When a SELECT query is issued, it's assessed for result set caching. Various requirements must be met to be eligible for creating and using result set cache. Some of these help keep cache storage under internal limits, some help reserve caching for complex queries, and others help maintain result-correctness upon repetitive "hits". An obvious example is restricting SELECT queries with GETDATE() from having their result cached, but there are other nuanced cases as well where Fabric decides not to cache results.

The following list contains common disqualifications for result set caching in Fabric Data Warehouse. If you find a query wasn't applicable for creating result set cache, it could be due to one or more of these reasons:

  • Result set caching isn't enabled on the currently connected item, or it's enabled on the item but the query included the DISABLE_RESULT_SET_CACHE hint
  • Query isn't a pure SELECT, for example, CREATE TABLE AS SELECT (CTAS), SELECT-INTO, other Data Modification Language
  • Query references a system object, a temporary table, a metadata function, or doesn't reference any distributed objects
  • Query doesn't reference at least one table of at least 100,000 rows
  • Query references an object outside the currently connected Fabric item (for example, cross-database query)
  • Query is within an explicit transaction or a WHILE loop
  • Query output contains an unsupported datatype. See Data types in Fabric Data Warehouse
  • Query contains a CAST or CONVERT that has some reference to date or sql_variant data type
  • Query contains runtime constants (such as CURRENT_USER or GETDATE())
  • Query result is estimated to be > 10,000 rows
  • Query contains non-deterministic built-in functions, window aggregate functions, or ordered functions like PARTITION BY … ORDER BY. See Deterministic and Nondeterministic Functions.
  • Query uses dynamic data masking, row level security, or other security features
  • Query uses time travel
  • Query applies ORDER BY on a column or expression that is not included in the query's output
  • Query is in a session that has session-level SET statements with non-default values (for example, setting QUOTED_IDENTIFIER to OFF)
  • The system reached internal limits for cache. Background cache eviction processes will free up space before new cache is created.
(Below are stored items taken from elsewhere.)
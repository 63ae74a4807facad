-- ===== src/Cache/Tests.antt =====
-- Runs of the cache of internal/relay/cache.go, and its theorems at concrete caches.
use p2papp.Prelude.{
  ℕ, ◌≡◌, ◌≢◌, refl, none, some, [], ◌∷◌, arith, str_dec, codes, pos, add64, sub64, lt64, sub_time,
  length, if◌then◌else◌, ◌-◌, leb, List,
}
use p2papp.Assoc.{get, put, remove}
use p2papp.Cache.{
  Element, Cache, new_cache, element_at, list_remove, list_back, expired, remove_element, get_at,
  get_item, evict_at, evict_oldest, must_evict, evict_loop, drop_at, drop_existing, push_front,
  put_with_ttl, put_item, delete_at, delete, to_remove, remove_all, cleanup_expired, keys, contains,
}
use p2papp.Cache.Elements.{find_key, total}
use p2papp.Cache.Invariant.{IsValid}
use p2papp.Cache.Recency.{without, fitting}
use p2papp.Cache.Put
use p2papp.Cache.Put.{new_element}
use p2papp.Cache.Reads
use p2papp.Cache.Reads.{live_content, touched}

program : Unit {0}
unfolding new_cache element_at list_remove list_back expired remove_element get_at get_item evict_at
    evict_oldest must_evict evict_loop drop_at drop_existing push_front put_with_ttl put_item
    delete_at delete to_remove remove_all cleanup_expired keys contains get put remove str_dec add64
    sub64 lt64 sub_time
program = tt

-- A cache of ten bytes that holds one element of three bytes, which lives for five nanoseconds.
abbrev element : Element
element = new_element 0 (codes "a") (1 ∷ 2 ∷ 3 ∷ []) (pos 5) 100 100

abbrev one : Cache
one = record {
  capacity = 10;
  current_size = 3;
  items = element ∷ [];
  lookup = (codes "a", 0) ∷ [];
  hits = 0;
  misses = 0;
  next_id = 1;
}

one_run : put_with_ttl (codes "a") (1 ∷ 2 ∷ 3 ∷ []) (pos 5) 100 100 (new_cache 10) ≡ one
unfolding program
one_run = refl

eviction_order :
    keys (
      put_item
        (codes "c")
        (1 ∷ 2 ∷ 3 ∷ 4 ∷ 5 ∷ [])
        103
        103
        (get_item (codes "a") 102 102 (put_item (codes "b") (1 ∷ 2 ∷ 3 ∷ 4 ∷ []) 101 101 one)).0)
    ≡ codes "c" ∷ codes "a" ∷ []
unfolding program
eviction_order = refl

-- Content that does not fit takes everything else with it.
oversize_empties :
    keys (put_item (codes "b") (0 ∷ 1 ∷ 2 ∷ 3 ∷ 4 ∷ 5 ∷ 6 ∷ 7 ∷ 8 ∷ 9 ∷ 10 ∷ []) 101 101 one) ≡ []
unfolding program
oversize_empties = refl

one-IsValid : IsValid one
unfolding get find_key element_at total
one-IsValid = record {
  agree = λ k. ground arith;
  distinct = (refl, refl, tt);
  sized = refl;
  within = omega arith;
  signed = omega arith;
  fresh = (omega arith, tt);
}

abbrev content : List ℕ
content = 7 ∷ 8 ∷ []

put_with_ttl-items_example : (put_with_ttl (codes "b") content (pos 0) 101 101 one).items ≡ (
    if leb (length content) 10
    then new_element 1 (codes "b") content (pos 0) 101 101
      ∷ fitting (10 - length content) (without (codes "b") one.items)
    else [])
put_with_ttl-items_example =
    Put.put_with_ttl-items (codes "b") content (pos 0) 101 101 one one-IsValid (omega arith)

put_with_ttl-IsValid_example : IsValid (put_with_ttl (codes "b") content (pos 0) 101 101 one)
put_with_ttl-IsValid_example =
    Put.put_with_ttl-IsValid (codes "b") content (pos 0) 101 101 one one-IsValid (omega arith)

get_item_lem_example :
    ((get_item (codes "a") 102 102 one).1 ≡ live_content 102 (find_key (codes "a") one.items))
    × ((get_item (codes "a") 102 102 one).0.items
        ≡ touched (codes "a") 102 102 one.items (find_key (codes "a") one.items))
get_item_lem_example = Reads.get_item_lem (codes "a") 102 102 one one-IsValid

get_item-put_with_ttl_example :
    (get_item (codes "b") 102 102 (put_with_ttl (codes "b") content (pos 9) 101 101 one)).1 ≡ (
      if expired 102 (new_element 1 (codes "b") content (pos 9) 101 101)
      then none
      else some content)
get_item-put_with_ttl_example =
    Reads.get_item-put_with_ttl (codes "b") content (pos 9) 101 101 102 102 one one-IsValid
      (omega arith) (omega arith)

a_ne_b : codes "b" ≢ codes "a"
a_ne_b e = ground arith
These rules also apply to reusing cache on subsequent runs of the same query. In addition, a cache might not be used in the following scenarios:

  • Any change to the referenced tables since the cache was created
  • The workspace has gone offline since the creation of a cache, similar to in-memory and disk caching
  • The user doesn't have sufficient permissions to the objects in the query
  • The query is being called from a different lakehouse or warehouse connection than where the original query was issued. (Cross-database queries aren't eligible for result set caching.)
  • The query uses different output columns, column ordering, or aliases than the original query
  • The cached query hasn't been used in 24 hours

Note

As these qualifications are internally assessed for the best application of result set caching, it's important to keep in mind that they could be updated in the future.